The PBOC set the yuan’s mid-point at 7.1668, injecting 209 billion yuan through repos

    by VT Markets
    /
    Jun 25, 2025

    The People’s Bank of China (PBOC) sets the daily midpoint for the yuan, also known as renminbi or RMB. The PBOC uses a managed floating exchange rate system, allowing the yuan’s value to fluctuate within a +/- 2% band around this midpoint.

    Today, the USD/CNY midpoint is set at 7.1668, contrasting with the 7.1709 estimate. The currency’s previous close was at 7.1712.

    Yuan Market Injection

    The PBOC injected 365.3 billion yuan into the market using 7-day reverse repos with a 1.40% interest rate. With 156.3 billion yuan maturing today, there is a net injection of 209 billion yuan.

    This morning’s midpoint fix tells us exactly how the central bank is positioning itself in terms of currency management. By setting the yuan at 7.1668 rather than the slightly higher consensus of 7.1709, the People’s Bank of China has gently leaned towards strengthening the currency. While the adjustment is subtle, this kind of deviation is deliberate. It hints at a desire to guide sentiment without creating a jolt.

    Looking at the recent close — 7.1712 — it’s evident that the market remains a touch softer than the reference point. So, on one hand, we’ve got a fix suggesting firming, and on the other, we’ve got spot price action that’s a bit more reluctant. That tiny gap tells us demand for dollars onshore is still outpacing local sentiment for yuan, at least at the margin.

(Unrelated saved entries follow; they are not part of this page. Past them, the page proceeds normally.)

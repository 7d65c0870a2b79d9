-- ===== src/Session/Extended/Parameters/Replacing.antt =====
-- `replace` of one placeholder in text that holds others.
use exa_postgres_interface.Base.{
  All-mono, ℕ, suc, ◌+◌, ◌-◌, ◌*◌, ◌≤◌, ◌<◌, ◌==◌, ==_iff, Bool, true, false, Bool-cases, inl, inr,
  [], ◌∷◌, ◌++◌, All, none, some, Option-cases, if◌then◌else◌, ◌≡◌, refl, sym, ap, ◌∙◌, subst,
  arith,
}
use exa_postgres_interface.Base.Text.{
  Text, is_ascii_digit, digits_from, digits_from-decimal_on, digits_from-to_decimal, to_decimal,
  to_decimal-All, strip_prefix, text_length, replace_from,
}
use exa_postgres_interface.Session.Extended.Parameters.{placeholder}

abbrev pub dollar : ℕ
dollar = b'$'

-- Without a dollar sign.
abbrev pub IsPlain : Text → Type 0
IsPlain s = All (λ c. (c == dollar) ≡ false) s

-- The text does not go on with a digit.
abbrev pub no_digit : Text → Bool
no_digit [] = true
no_digit (c ∷ s) = if is_ascii_digit c then false else true

module _ (p by : Text) where
  replace_from-plain :
      (s t : Text)
      → IsPlain s
      → replace_from 0 (dollar ∷ p) by (s ++ t) ≡ s ++ replace_from 0 (dollar ∷ p) by t
  replace_from-plain [] t h = refl
  replace_from-plain (c ∷ s) t (k, h) =
      let e : (dollar == c) ≡ false = ground (arith, k) in
      rw (e, replace_from) (ap (λ r. c ∷ r) (replace_from-plain s t h))

  replace_from-skip :
      (pat s t : Text) → replace_from (text_length s) pat by (s ++ t) ≡ replace_from 0 pat by t
  replace_from-skip pat [] t = refl
  replace_from-skip pat (c ∷ s) t =
      let e : 1 + text_length s ≡ suc (text_length s) = omega arith in
      rw e (replace_from-skip pat s t)

strip_prefix-append : (p t : Text) → strip_prefix p (p ++ t) ≡ some t
strip_prefix-append [] t = refl
strip_prefix-append (c ∷ p) t = ground (arith, strip_prefix-append p t)

-- A run of digits that begins a text with digits at its front lies in those digits.
strip_prefix-digits :
    (a b t r : Text)
    → All (λ c. is_ascii_digit c ≡ true) a
    → no_digit t ≡ true
    → strip_prefix a (b ++ t) ≡ some r
    → (b' : Text) × (b ≡ a ++ b')
strip_prefix-digits [] b t r h n e = (b, refl)
strip_prefix-digits (c ∷ a) [] [] r h n e = absurd (ground (arith, e))
strip_prefix-digits (c ∷ a) [] (d ∷ t) r (k, h) n e = absurd (ground (arith, e, k, n))
strip_prefix-digits (c ∷ a) (d ∷ b) t r (k, h) n e = elim (Bool-cases (c == d)) [
  | inr differ ↦ absurd (ground (arith, e, differ))
  | inl same ↦
      let f : strip_prefix a (b ++ t) ≡ some r = ground (arith, e, same) in
      let (b', g) = strip_prefix-digits a b t r h n f in
      let cd : d ≡ c = sym ((==_iff c d).0 same) in (b', rw cd (ap (λ s. c ∷ s) g))
]

digits_from_ge : (m n : ℕ) (s : Text) → digits_from m s ≡ some n → m ≤ n
digits_from_ge m n [] e = ground (arith, e)
digits_from_ge m n (c ∷ s) e = elim (Bool-cases (is_ascii_digit c)) [
  | inl d ↦
      let f : digits_from (m * 10 + (c - b'0')) s ≡ some n = ground (arith, e, d) in
      omega (arith, digits_from_ge (m * 10 + (c - b'0')) n s f)
  | inr d ↦ absurd (ground (arith, e, d))
]

to_decimal-IsPlain : (n : ℕ) → IsPlain (to_decimal n)
to_decimal-IsPlain n =
    All-mono (λ c d. let e : (c == dollar) ≡ false = ground (arith, d) in e) (to_decimal n)
      (to_decimal-All n)

-- A smaller number is no longer print of the larger one's.
strip_prefix-to_decimal :
    (k n : ℕ) (t : Text)
    → n < k
    → no_digit t ≡ true
    → strip_prefix (to_decimal k) (to_decimal n ++ t) ≡ none
unfolding to_decimal
strip_prefix-to_decimal k n t h d =
    elim (Option-cases (strip_prefix (to_decimal k) (to_decimal n ++ t))) [
      | inl e ↦ e
      | inr (r, e) ↦
          let (b', f) =
            strip_prefix-digits (to_decimal k) (to_decimal n) t r (to_decimal-All k) d e in
          let g : digits_from 0 (to_decimal k ++ b') ≡ some n =
            subst (λ s. digits_from 0 s ≡ some n) f (digits_from-to_decimal n) in
          let i : digits_from k b' ≡ some n =
            sym (digits_from-decimal_on (suc k) k b' (omega arith)) ∙ g in
          absurd (omega (arith, h, digits_from_ge k n b' i))
    ]

-- A placeholder is replaced where it stands.
pub replace_from-same :
    (k : ℕ) (by t : Text)
    → replace_from 0 (placeholder k) by (placeholder k ++ t)
      ≡ by ++ replace_from 0 (placeholder k) by t
replace_from-same k by t =
    let e : 1 + text_length (to_decimal k) - 1 ≡ text_length (to_decimal k) = omega arith in
    rw (strip_prefix-append (to_decimal k) t, replace_from)
      (rw e
        (ap (λ s. by ++ s) (replace_from-skip (to_decimal k) by (placeholder k) (to_decimal k) t)))

-- The placeholder of a smaller number stays, if no digit follows it.
pub replace_from-smaller :
    (k n : ℕ) (by t : Text)
    → n < k
    → no_digit t ≡ true
    → replace_from 0 (placeholder k) by (placeholder n ++ t)
      ≡ placeholder n ++ replace_from 0 (placeholder k) by t
replace_from-smaller k n by t h d =
    rw (strip_prefix-to_decimal k n t h d, replace_from)
      (ap (λ s. dollar ∷ s)
        (replace_from-plain (to_decimal k) by (to_decimal n) t (to_decimal-IsPlain n)))

-- Text without a dollar sign stays.
pub replace_from-IsPlain :
    (k : ℕ) (by s t : Text)
    → IsPlain s
    → replace_from 0 (placeholder k) by (s ++ t) ≡ s ++ replace_from 0 (placeholder k) by t
replace_from-IsPlain k by s t h = replace_from-plain (to_decimal k) by s t h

    With today’s liquidity operations, the injection of 365.3 billion yuan via 7-day reverse repos came in well above maturities, which totalled 156.3 billion yuan. The net result, a 209 billion yuan boost, reflects a clear effort to keep liquidity flush. At 1.40%, the rate stays unchanged, continuing the central bank’s recent approach of supporting funding costs without sending any overt signals on policy change.

    Short Term Interest Rate Sensitivity

    For anyone closely monitoring what comes next, we would observe that this deliberate injection, paired with a midpoint fix that leans stronger than expected, suggests the authorities are walking a line. Liquidity is being provided generously, but not recklessly. Exchange rate guidance is precise yet cautious. There is no sweeping shift in direction, only finely tuned messages intended to balance internal liquidity needs and external pressure on the currency.

    Now, in the days ahead, we should expect increased sensitivity in short-term interest rate products, especially those keyed to repo and short-tenor swap curves. The clear effort to maintain smooth liquidity through reverse repo operations means we can’t afford to be too slow in adjusting rates positioning after any sign of debt market movement or changes in interbank stress.

    A fix below expectations, even marginally so, often suggests a wish to limit the downside in the yuan. That sort of pattern has, in recent weeks, coincided with slightly firmer onshore short-dated options – particularly those in the one-week to two-week tenor. So, pricing on upside protection in USD/CNY may continue to catch some support, albeit without a major repricing — at least not yet.

    Meanwhile, with liquidity injections above roll-off volume continuing into the early part of the quarter, we should be especially attentive to any hint of change in reverse repo volumes. Too much narrowing in those injections would suggest a pullback from the currently supportive stance, while increased volumes, particularly if paired with stronger-than-expected fixes in the future, would imply an even stronger short-term stabilisation effort.

    In terms of derivatives execution, there’s a window here where volatility remains muted, but not complacent. Any sharp moves outside the projected fix range, particularly if they coincide with larger liquidity drains or a rise in short rate premiums, may prompt a quick rebalancing in risk appetite. The gap between expectations and actual fixings gives us a clear, measurable source of risk and needs to be modelled accordingly.

    Finally, where we’ve seen a net liquidity boost today, it alters the shape of the front-end funding curve, making it flatter near the 7-day mark. That subtle tilt makes very short-dated interest rate swaps slightly more attractive from a carry-neutral standpoint, though any move longer than two weeks may still imply some mild rate uncertainty, especially with broader macro data yet to be released.